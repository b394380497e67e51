-- ===== src/TalkServer/Reachable.antt =====
-- Every step keeps the table right.
use Prim.Native.Nat.{◌≤◌, ◌<◌}
use mathlib.Core.Path.{subst}
use c_language_learnning.Base.{
  ℕ, ◌≡◌, refl, sym, ap, ◌∙◌, Option, none, some, true, false, List, leb, ◌&&◌, ◌==◌, arith,
  Bool-cases, ◌⊎◌, inl, inr,
}
use c_language_learnning.TalkServer.{
  user_limit, Server, put, Connection, enter, on_connection, reap_all, on_sigchld, on_sigterm,
  Signal, sigchld, sigterm, other, on_signal,
}
use c_language_learnning.TalkServer.System.{
  Children, Inv, Step, turned_away, not_forked, connected, exited, signalled, Reach, begin, onward,
}
use c_language_learnning.TalkServer.Table.{start-Inv, enter-Inv, reap_all-Inv}

-- What the invariant reads of the parent.
pub record IsSame (s s' : Server) : Type 0 where
  pub count_same : s'.user_count ≡ s.user_count
  pub map_same : s'.sub_process ≡ s.sub_process
  pub users_same : (j : ℕ) → j < s.user_count → s'.users j ≡ s.users j

Inv-same : (s s' : Server) (live : Children) → IsSame s s' → Inv s live → Inv s' live
Inv-same s s' live e v = record {
  few = omega (arith, e.count_same, v.few);
  placed = λ p idx q.
      let w = v.placed p idx q in
      record {
        place = w.place;
        low = omega (arith, e.count_same, w.low);
        there = ap (λ c. c.pid) (e.users_same w.place w.low) ∙ w.there;
        mapped = ap (λ f. f p) e.map_same ∙ w.mapped;
        idx_low = w.idx_low;
      };
  filled = λ j l.
      let low : j < s.user_count = omega (arith, e.count_same, l) in
      let w = v.filled j low in
      let same_pid : (s'.users j).pid ≡ (s.users j).pid = ap (λ c. c.pid) (e.users_same j low) in
      record {
        idx = w.idx;
        alive = ap live same_pid ∙ w.alive;
        back = ap s'.sub_process same_pid ∙ ap (λ f. f (s.users j).pid) e.map_same ∙ w.back;
      };
}

pub sigchld-IsSame : (pids : List ℕ) (s : Server) → IsSame (reap_all pids s).0 (on_sigchld pids s).0
unfolding on_sigchld
sigchld-IsSame pids s =
    let r = (reap_all pids s).0 in
    elim (Bool-cases (r.terminate && (r.user_count == 0))) [
      | inl stops ↦
          rw stops (record { count_same = refl; map_same = refl; users_same = λ j l. refl })
      | inr goes_on ↦
          rw goes_on (record { count_same = refl; map_same = refl; users_same = λ j l. refl })
    ]

sigterm-IsSame : (s : Server) → IsSame s (on_sigterm s).0
unfolding on_sigterm
sigterm-IsSame s = elim (Bool-cases (s.user_count == 0)) [
  | inl idle ↦ rw idle (record { count_same = refl; map_same = refl; users_same = λ j l. refl })
  | inr busy ↦ rw busy (record { count_same = refl; map_same = refl; users_same = λ j l. refl })
]

signal-IsSame :
    (sig : Signal) (s : Server) → sig ≡ sigterm ⊎ sig ≡ other → IsSame s (on_signal sig s).0
unfolding on_signal
signal-IsSame (sigchld pids) s e = absurd (elim e [ inl q ↦ cc | inr q ↦ cc ])
signal-IsSame sigterm s e = sigterm-IsSame s
signal-IsSame other s e = record { count_same = refl; map_same = refl; users_same = λ j l. refl }

-- `fork` fails: the entry behind the last user is written, which nothing reads.
not_forked-IsSame : (c : Connection) (s : Server) → IsSame s (enter c none s).0
unfolding enter
not_forked-IsSame c s = record {
  count_same = refl;
  map_same = refl;
  users_same = λ j l. let miss : (j == s.user_count) ≡ false = ground (arith, l) in rw miss refl;
}

connection-full :
    (c : Option Connection) (s : Server) → user_limit ≤ s.user_count → (on_connection c s).0 ≡ s
unfolding on_connection
connection-full none s full = refl
connection-full (some c) s full =
    let e : leb user_limit s.user_count ≡ true = ground arith in rw e refl

connection-room :
    (c : Connection) (s : Server)
    → s.user_count < user_limit
    → (on_connection (some c) s).0 ≡ (enter c c.forked s).0
unfolding on_connection
connection-room c s room = let e : leb user_limit s.user_count ≡ false = ground arith in rw e refl

not_forked-Inv :
    (c : Connection) (s : Server) (live : Children)
    → c.forked ≡ none
    → Inv s live
    → Inv (on_connection (some c) s).0 live
not_forked-Inv c s live e v = elim (Bool-cases (leb user_limit s.user_count)) [
  | inl full ↦ subst (λ t. Inv t live) (sym (connection-full (some c) s (ground (arith, full)))) v
  | inr room ↦
      subst (λ t. Inv t live)
        (sym (connection-room c s (ground (arith, room)) ∙ ap (λ f. (enter c f s).0) e))
        (Inv-same s (enter c none s).0 live (not_forked-IsSame c s) v)
]

Step-Inv :
    (s : Server) (live : Children) (s' : Server) (live' : Children)
    → Step s live s' live'
    → Inv s live
    → Inv s' live'
unfolding on_signal
Step-Inv s live _ _ (turned_away c full) v =
    subst (λ t. Inv t live) (sym (connection-full c s full)) v
Step-Inv s live _ _ (not_forked c e) v = not_forked-Inv c s live e v
Step-Inv s live _ _ (connected c pid e fresh room) v =
    subst (λ t. Inv t (put live pid (some s.user_count)))
      (sym (connection-room c s room ∙ ap (λ f. (enter c f s).0) e))
      (enter-Inv c pid s live fresh room v)
Step-Inv s live _ live' (exited pids e) v =
    Inv-same (reap_all pids s).0 (on_sigchld pids s).0 live' (sigchld-IsSame pids s)
      (reap_all-Inv s live live' pids e v)
Step-Inv s live _ _ (signalled sig e) v =
    Inv-same s (on_signal sig s).0 live (signal-IsSame sig s e) v

-- In every state that the server reaches there are at most five users, the users are the children that there are,
-- each once, `sub_process` maps the process of each to its place, and each child was started with a number below
-- five, so that its buffer lies within the shared memory.
pub Reach-Inv : (s : Server) (live : Children) → Reach s live → Inv s live
Reach-Inv _ _ (begin users) = start-Inv users
Reach-Inv s' live' (onward {s = s} {live = live} r step) =
    Step-Inv s live s' live' step (Reach-Inv s live r)
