-- ===== src/TalkServer/Buffers.antt =====
-- The buffers of the children after one of them has left.
use Prim.Native.Nat.{◌<◌}
use c_language_learnning.Base.{
  ℕ, ◌+◌, ◌-◌, ◌≡◌, ◌≢◌, ap, ◌∙◌, none, some, true, false, [], ◌∷◌, ◌==◌, arith,
}
use c_language_learnning.TalkServer.{
  user_limit, Server, put, Connection, on_connection, reap_all, on_signal, sigchld,
}
use c_language_learnning.TalkServer.System.{
  Children, Inv, no_more, exits, connected, exited, Reach, onward,
}
use c_language_learnning.TalkServer.Table.{place_unique, reap-moved}
use c_language_learnning.TalkServer.Reachable.{Reach-Inv, sigchld-IsSame}

-- The parent once the child at place `d` has left.
abbrev pub left : Server → ℕ → Server
left s d = (on_signal (sigchld ((s.users d).pid ∷ [])) s).0

left-count :
    (s : Server) (live : Children) (d : ℕ)
    → Inv s live
    → d < s.user_count
    → (left s d).user_count ≡ s.user_count - 1
unfolding on_signal reap_all
left-count s live d v low =
    (sigchld-IsSame ((s.users d).pid ∷ []) s).count_same
    ∙ ap (λ t. t.user_count)
        (reap-moved (s.users d).pid d s (v.filled d low).back (omega (arith, low, v.few)))

-- Two processes that are children with the same number read from their clients into the same bytes.
pub record Share (live : Children) (p q idx : ℕ) : Type 0 where
  pub apart : p ≢ q
  pub one : live p ≡ some idx
  pub another : live q ≡ some idx

-- When a client leaves that is not in the last place, and the child in the last place was started there, then the
-- child of the next client that is let in is started with the number of that child: both are there, and
-- their clients' data go into one buffer.
pub left-Share :
    (s : Server) (live : Children) (d : ℕ) (c : Connection) (pid : ℕ)
    → Reach s live
    → d + 1 < s.user_count
    → live (s.users (s.user_count - 1)).pid ≡ some (s.user_count - 1)
    → c.forked ≡ some pid
    → live pid ≡ none
    → (live' : Children) × Reach (on_connection (some c) (left s d)).0 live'
      × Share live' (s.users (s.user_count - 1)).pid pid (s.user_count - 1)
left-Share s live d c pid r low own forked fresh =
    let v = Reach-Inv s live r in
    let gone = (s.users d).pid in
    let last = (s.users (s.user_count - 1)).pid in
    let w = v.filled d (omega (arith, low)) in
    let live1 : Children = put live gone none in
    let count = left-count s live d v (omega (arith, low)) in
    let last_ne : last ≢ gone = λ q. absurd (
      omega (
        arith,
        low,
        place_unique s live v (s.user_count - 1) d (omega (arith, low)) (omega (arith, low)) q,
      )) in
    let new_ne : last ≢ pid = ground (arith, own, fresh) in
    let fresh1 : live1 pid ≡ none = ground (arith, fresh) in
    let one : Reach (left s d) live1 =
      onward r (exited (gone ∷ []) (exits gone w.idx w.alive no_more)) in
    let room : (left s d).user_count < user_limit = omega (arith, count, v.few, low) in
    let miss : (last == pid) ≡ false = ground (arith, new_ne) in
    let miss_gone : (last == gone) ≡ false = ground (arith, last_ne) in
    let hit : (pid == pid) ≡ true = ground arith in
    (
      put live1 pid (some (left s d).user_count),
      onward one (connected c pid forked fresh1 room),
      record { apart = new_ne; one = rw miss (rw miss_gone own); another = rw hit (ap some count) },
    )
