-- ===== src/TalkServer/Relay.antt =====
-- How what one client says gets to the others.
use Prim.Native.Nat.{◌≤◌, ◌<◌}
use c_language_learnning.Base.{
  ℕ, zero, suc, ◌+◌, ◌-◌, ◌*◌, ◌≡◌, ◌≢◌, refl, sym, ap, ap₂, ◌∙◌, true, false, List, [], ◌∷◌, ◌++◌,
  map, ltb, ◌==◌, if◌then◌else◌, arith, length, Bool-cases, inl, inr, ◌⊎◌,
}
use c_language_learnning.TalkServer.{
  buffer_size, Client, notify, sends, Server, put, notify_from, on_child, received, clear, store,
  load, child_client, child_pipe,
}

unfoldable pub zeros : ℕ → List ℕ
zeros zero = []
zeros (suc n) = 0 ∷ zeros n

load_same :
    (mem mem' : ℕ → ℕ) (i n : ℕ)
    → ((j : ℕ) → i ≤ j → j < i + n → mem' j ≡ mem j)
    → load mem' i n ≡ load mem i n
unfolding load
load_same mem mem' i zero e = refl
load_same mem mem' i (suc n) e =
    ap₂ ◌∷◌ (e i (omega arith) (omega arith))
      (load_same mem mem' (i + 1) n (λ j l h. e j (omega arith) (omega arith)))

-- What the store leaves alone.
store_outside :
    (mem : ℕ → ℕ) (i : ℕ) (cs : List ℕ) (j : ℕ)
    → j < i ⊎ i + length cs ≤ j
    → store mem i cs j ≡ mem j
unfolding store
store_outside mem i [] j h = refl
store_outside mem i (c ∷ cs) j h =
    let out : (j == i) ≡ false = elim h [ inl b ↦ ground (arith, b) | inr a ↦ ground (arith, a) ] in
    store_outside (put mem i c) (i + 1) cs j
      (elim h [ inl b ↦ inl (omega (arith, b)) | inr a ↦ inr (omega (arith, a)) ])
    ∙ rw out refl

load-zeros :
    (mem : ℕ → ℕ) (i n : ℕ) → ((j : ℕ) → i ≤ j → j < i + n → mem j ≡ 0) → load mem i n ≡ zeros n
unfolding load zeros
load-zeros mem i zero e = refl
load-zeros mem i (suc n) e =
    ap₂ ◌∷◌ (e i (omega arith) (omega arith))
      (load-zeros mem (i + 1) n (λ j l h. e j (omega arith) (omega arith)))

-- What is stored is loaded, and then what was there.
load-store :
    (mem : ℕ → ℕ) (i : ℕ) (cs : List ℕ) (n : ℕ)
    → load (store mem i cs) i (length cs + n) ≡ cs ++ load mem (i + length cs) n
unfolding load store
load-store mem i [] n =
    let at : i ≡ i + length {A = ℕ} [] = omega arith in
    let long : length {A = ℕ} [] + n ≡ n = omega arith in ap₂ (λ k m. load mem k m) at long
load-store mem i (c ∷ cs) n =
    let e : suc (length cs) + n ≡ suc (length cs + n) = omega arith in
    let at_end : i + 1 + length cs ≡ i + suc (length cs) = omega arith in
    let hit : (i == i) ≡ true = ground arith in
    let kept : put mem i c i ≡ c = rw hit refl in
    rw e (
      ap₂ ◌∷◌ (store_outside (put mem i c) (i + 1) cs i (inl (omega arith)) ∙ kept) (
        load-store (put mem i c) (i + 1) cs n
        ∙ ap (λ r. cs ++ r)
            (load_same mem (put mem i c) (i + 1 + length cs) n (λ j l h. ground arith)
              ∙ ap (λ k. load mem k n) at_end)))

-- The numbers from `j` on, `n` of them, but for `k`.
unfoldable pub others : ℕ → ℕ → ℕ → List ℕ
others k j zero = []
others k j (suc n) = let rest = others k (j + 1) n in if j == k then rest else j ∷ rest

notify_from-others :
    (users : ℕ → Client) (k child n j : ℕ)
    → ((i : ℕ) → i < j + n → i ≢ k → (users i).pipe0 ≢ (users k).pipe0)
    → notify_from users (users k).pipe0 child j n
      ≡ map (λ i. notify (users i).pipe0 child) (others k j n)
unfolding notify_from others
notify_from-others users k child zero j apart = refl
notify_from-others users k child (suc n) j apart =
    let rest = notify_from-others users k child n (j + 1) (λ i l. apart i (omega (arith, l))) in
    elim (Bool-cases (j == k)) [
      | inl same ↦
          let at : (users j).pipe0 ≡ (users k).pipe0 =
            ap (λ i. (users i).pipe0) (ground (arith, same)) in
          let hit : ((users j).pipe0 == (users k).pipe0) ≡ true = ground (arith, at) in
          rw same (rw hit rest)
      | inr other ↦
          let ne : (users j).pipe0 ≢ (users k).pipe0 =
            apart j (omega arith) (ground (arith, other)) in
          let miss : ((users j).pipe0 == (users k).pipe0) ≡ false = ground (arith, ne) in
          rw other (rw miss (ap (λ r. notify (users j).pipe0 child ∷ r) rest))
    ]

clear_inside : (mem : ℕ → ℕ) (i n j : ℕ) → i ≤ j → j < i + n → clear mem i n j ≡ 0
unfolding clear
clear_inside mem i n j a b = ground arith

clear_outside : (mem : ℕ → ℕ) (i n j : ℕ) → j < i ⊎ i + n ≤ j → clear mem i n j ≡ mem j
unfolding clear
clear_outside mem i n j (inl h) = ground arith
clear_outside mem i n j (inr h) = ground arith

-- The buffer of the child, after its client's data.
loaded :
    (idx : ℕ) (cs : List ℕ) (mem : ℕ → ℕ)
    → length cs < buffer_size
    → load
        (store (clear mem (idx * buffer_size) buffer_size) (idx * buffer_size) cs)
        (idx * buffer_size)
        buffer_size
      ≡ cs ++ zeros (buffer_size - length cs)
loaded idx cs mem fits =
    let i = idx * buffer_size in
    let long : length cs + (buffer_size - length cs) ≡ buffer_size = omega arith in
    ap (λ n. load (store (clear mem i buffer_size) i cs) i n) (sym long)
    ∙ load-store (clear mem i buffer_size) i cs (buffer_size - length cs)
    ∙ ap (λ r. cs ++ r)
        (load-zeros (clear mem i buffer_size) (i + length cs) (buffer_size - length cs)
          (λ j l h. clear_inside mem i buffer_size j (omega (arith, l)) (omega (arith, h, fits))))

-- No other buffer changes.
buffer-kept :
    (idx idx' : ℕ) (cs : List ℕ) (mem : ℕ → ℕ)
    → length cs < buffer_size
    → idx ≢ idx'
    → load
        (store (clear mem (idx * buffer_size) buffer_size) (idx * buffer_size) cs)
        (idx' * buffer_size)
        buffer_size
      ≡ load mem (idx' * buffer_size) buffer_size
buffer-kept idx idx' cs mem fits ne =
    let i = idx * buffer_size in
    load_same mem (store (clear mem i buffer_size) i cs) (idx' * buffer_size) buffer_size (λ j l h.
      elim (Bool-cases (ltb j i)) [
        | inl before ↦
            let b : j < i = ground (arith, before) in
            store_outside (clear mem i buffer_size) i cs j (inl b)
            ∙ clear_outside mem i buffer_size j (inl b)
        | inr behind ↦
            let a : i ≤ j = ground (arith, behind) in
            let past : i + buffer_size ≤ j = omega (arith, a, l, h, ne) in
            store_outside (clear mem i buffer_size) i cs j (inr (omega (arith, past, fits)))
            ∙ clear_outside mem i buffer_size j (inr past)
      ])

-- A client's data, fewer bytes than a buffer has, where no other user has the pipe of this one's place: the child
-- tells the parent its number, the parent sends that number to each other user's child and to none else, each of these then
-- sends its client the data and zeros up to the size of a buffer, and the buffer of another number is as before.
pub relayed :
    (s : Server) (k idx idx' pipefd connfd : ℕ) (cs : List ℕ) (mem : ℕ → ℕ)
    → length cs < buffer_size
    → idx ≢ idx'
    → ((i : ℕ) → i < s.user_count → i ≢ k → (s.users i).pipe0 ≢ (s.users k).pipe0)
    → let (mem', stop, actions) = child_client idx pipefd (received cs) mem in
      (actions ≡ notify pipefd idx ∷ [])
      × (on_child (s.users k).pipe0 idx s
          ≡ map (λ i. notify (s.users i).pipe0 idx) (others k 0 s.user_count))
      × (child_pipe connfd (received idx) mem'
          ≡ (false, sends connfd (cs ++ zeros (buffer_size - length cs)) ∷ []))
      × (load mem' (idx' * buffer_size) buffer_size ≡ load mem (idx' * buffer_size) buffer_size)
unfolding child_client child_pipe on_child
relayed s k idx idx' pipefd connfd cs mem fits ne apart = (
  refl,
  notify_from-others s.users k idx s.user_count 0 (λ i l. apart i (omega (arith, l))),
  ap (λ r. (false, sends connfd r ∷ [])) (loaded idx cs mem fits),
  buffer-kept idx idx' cs mem fits ne,
)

Task brief - For each line of the data that includes the word "none", return a copy of it.

Answer to this exercise -
  ℕ, ◌≡◌, refl, sym, ap, ◌∙◌, Option, none, some, true, false, List, leb, ◌&&◌, ◌==◌, arith,
not_forked-IsSame : (c : Connection) (s : Server) → IsSame s (enter c none s).0
connection-full none s full = refl
    → c.forked ≡ none
        (Inv-same s (enter c none s).0 live (not_forked-IsSame c s) v)
  ℕ, ◌+◌, ◌-◌, ◌≡◌, ◌≢◌, ap, ◌∙◌, none, some, true, false, [], ◌∷◌, ◌==◌, arith,
    → live pid ≡ none
    let live1 : Children = put live gone none in
    let fresh1 : live1 pid ≡ none = ground (arith, fresh) in
-- tells the parent its number, the parent sends that number to each other user's child and to none else, each of these then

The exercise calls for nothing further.